Every entry in the listing below has to be given again exactly.

DATASET RECORDS:
· · · · · · ·

-- ===== src/Encoder/BitField/Shift.antt =====
-- What the encoder of LSL by an immediate emits, and what it computes.
use bcpl.Prelude.{
  ℕ, ◌-◌, ◌%◌, ◌<◌, ◌≤◌, ◌≡◌, ◌∙◌, ap, arith, Bool, true, false, inl, refl, Text, ok, >>=-eq-ok,
  some, throw_if, invalid_argument, throw_if-eq-ok,
}
use bcpl.Prelude.Int.{ℤ, pos, pos_part}
use bcpl.Instruction.{Instruction, OpType}
use bcpl.Arm64.{ubfm, decode}
use bcpl.Encoder.Operands.{Pair, parse_two}
use bcpl.Encoder.Operands.Fits.{parse_two-Fits}
use bcpl.Encoder.BitField.{datasize, not_position, patch_bit_field, create_lsl_imm, shift_left}
use bcpl.Encoder.BitField.Decode.{
  word_lem, position_lem, datasize-le, finish_bit_field-encoding, decode_ubfm,
}

immr_small : (sf : Bool) (n : ℕ) → (datasize sf - n) % datasize sf < 64
immr_small true n = omega arith
immr_small false n = omega arith

-- Every word that the LSL (immediate) encoder makes decodes to the UBFM of its two operands, at their
-- size, that shifts left: it rotates right by the rest of the size and keeps the bits below it.
pub create_lsl_imm-decode :
    (xd xn : Text) (shift_amount : ℤ) {instr : Instruction}
    → create_lsl_imm xd xn shift_amount ≡ ok instr
    → (t : Pair) × (parse_two 30 xd xn ≡ ok t)
      × (shift_amount ≡ pos (pos_part shift_amount))
      × (pos_part shift_amount < datasize t.sf)
      × (decode instr.encoding
          ≡ some (
              ubfm t.sf t.rd t.rn
                ((datasize t.sf - pos_part shift_amount) % datasize t.sf)
                (datasize t.sf - 1 - pos_part shift_amount)))
unfolding create_lsl_imm shift_left
create_lsl_imm-decode xd xn shift_amount e =
    let (t, et, e1) = >>=-eq-ok (parse_two 30 xd xn) _ e in
    let (u, eu, e2) = >>=-eq-ok (throw_if (not_position t.sf shift_amount) invalid_argument) _ e1 in
    let (el, small, wl) =
      position_lem t.sf shift_amount
        (throw_if-eq-ok (not_position t.sf shift_amount) invalid_argument eu) in
    let f = parse_two-Fits 30 xd xn (omega arith) et in
    let immr = (datasize t.sf - pos_part shift_amount) % datasize t.sf in
    let imms = datasize t.sf - 1 - pos_part shift_amount in
    let (word, ep, e3) = >>=-eq-ok (patch_bit_field 0x53000000 t.sf immr imms t.rn t.rd) _ e2 in
    let hr = immr_small t.sf (pos_part shift_amount) in
    let hs : imms < 64 = omega (arith, datasize-le t.sf) in
    let hn : t.rn ≤ 31 = omega (arith, f.rn_fits) in
    let hd : t.rd ≤ 31 = omega (arith, f.rd_fits) in
    let same_word =
      word_lem 0x53000000 t.sf immr imms t.rn t.rd hr hs hn hd (inl refl) refl refl ep in
    (
      t,
      et,
      el,
      small,
      ap decode (finish_bit_field-encoding OpType.lsl xd xn shift_amount word _ e3 ∙ same_word)
          ∙ decode_ubfm t.sf immr imms t.rn t.rd hr hs hn hd,
    )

· · · · · · ·

WRITTEN RESPONSE:
-- ===== src/Encoder/BitField/Shift.antt =====
-- What the encoder of LSL by an immediate emits, and what it computes.
use bcpl.Prelude.{
  ℕ, ◌-◌, ◌%◌, ◌<◌, ◌≤◌, ◌≡◌, ◌∙◌, ap, arith, Bool, true, false, inl, refl, Text, ok, >>=-eq-ok,
  some, throw_if, invalid_argument, throw_if-eq-ok,
}
use bcpl.Prelude.Int.{ℤ, pos, pos_part}
use bcpl.Instruction.{Instruction, OpType}
use bcpl.Arm64.{ubfm, decode}
use bcpl.Encoder.Operands.{Pair, parse_two}
use bcpl.Encoder.Operands.Fits.{parse_two-Fits}
use bcpl.Encoder.BitField.{datasize, not_position, patch_bit_field, create_lsl_imm, shift_left}
use bcpl.Encoder.BitField.Decode.{
  word_lem, position_lem, datasize-le, finish_bit_field-encoding, decode_ubfm,
}

immr_small : (sf : Bool) (n : ℕ) → (datasize sf - n) % datasize sf < 64
immr_small true n = omega arith
immr_small false n = omega arith

-- Every word that the LSL (immediate) encoder makes decodes to the UBFM of its two operands, at their
-- size, that shifts left: it rotates right by the rest of the size and keeps the bits below it.
pub create_lsl_imm-decode :
    (xd xn : Text) (shift_amount : ℤ) {instr : Instruction}
    → create_lsl_imm xd xn shift_amount ≡ ok instr
    → (t : Pair) × (parse_two 30 xd xn ≡ ok t)
      × (shift_amount ≡ pos (pos_part shift_amount))
      × (pos_part shift_amount < datasize t.sf)
      × (decode instr.encoding
          ≡ some (
              ubfm t.sf t.rd t.rn
                ((datasize t.sf - pos_part shift_amount) % datasize t.sf)
                (datasize t.sf - 1 - pos_part shift_amount)))
unfolding create_lsl_imm shift_left
create_lsl_imm-decode xd xn shift_amount e =
    let (t, et, e1) = >>=-eq-ok (parse_two 30 xd xn) _ e in
    let (u, eu, e2) = >>=-eq-ok (throw_if (not_position t.sf shift_amount) invalid_argument) _ e1 in
    let (el, small, wl) =
      position_lem t.sf shift_amount
        (throw_if-eq-ok (not_position t.sf shift_amount) invalid_argument eu) in
    let f = parse_two-Fits 30 xd xn (omega arith) et in
    let immr = (datasize t.sf - pos_part shift_amount) % datasize t.sf in
    let imms = datasize t.sf - 1 - pos_part shift_amount in
    let (word, ep, e3) = >>=-eq-ok (patch_bit_field 0x53000000 t.sf immr imms t.rn t.rd) _ e2 in
    let hr = immr_small t.sf (pos_part shift_amount) in
    let hs : imms < 64 = omega (arith, datasize-le t.sf) in
    let hn : t.rn ≤ 31 = omega (arith, f.rn_fits) in
    let hd : t.rd ≤ 31 = omega (arith, f.rd_fits) in
    let same_word =
      word_lem 0x53000000 t.sf immr imms t.rn t.rd hr hs hn hd (inl refl) refl refl ep in
    (
      t,
      et,
      el,
      small,
      ap decode (finish_bit_field-encoding OpType.lsl xd xn shift_amount word _ e3 ∙ same_word)
          ∙ decode_ubfm t.sf immr imms t.rn t.rd hr hs hn hd,
    )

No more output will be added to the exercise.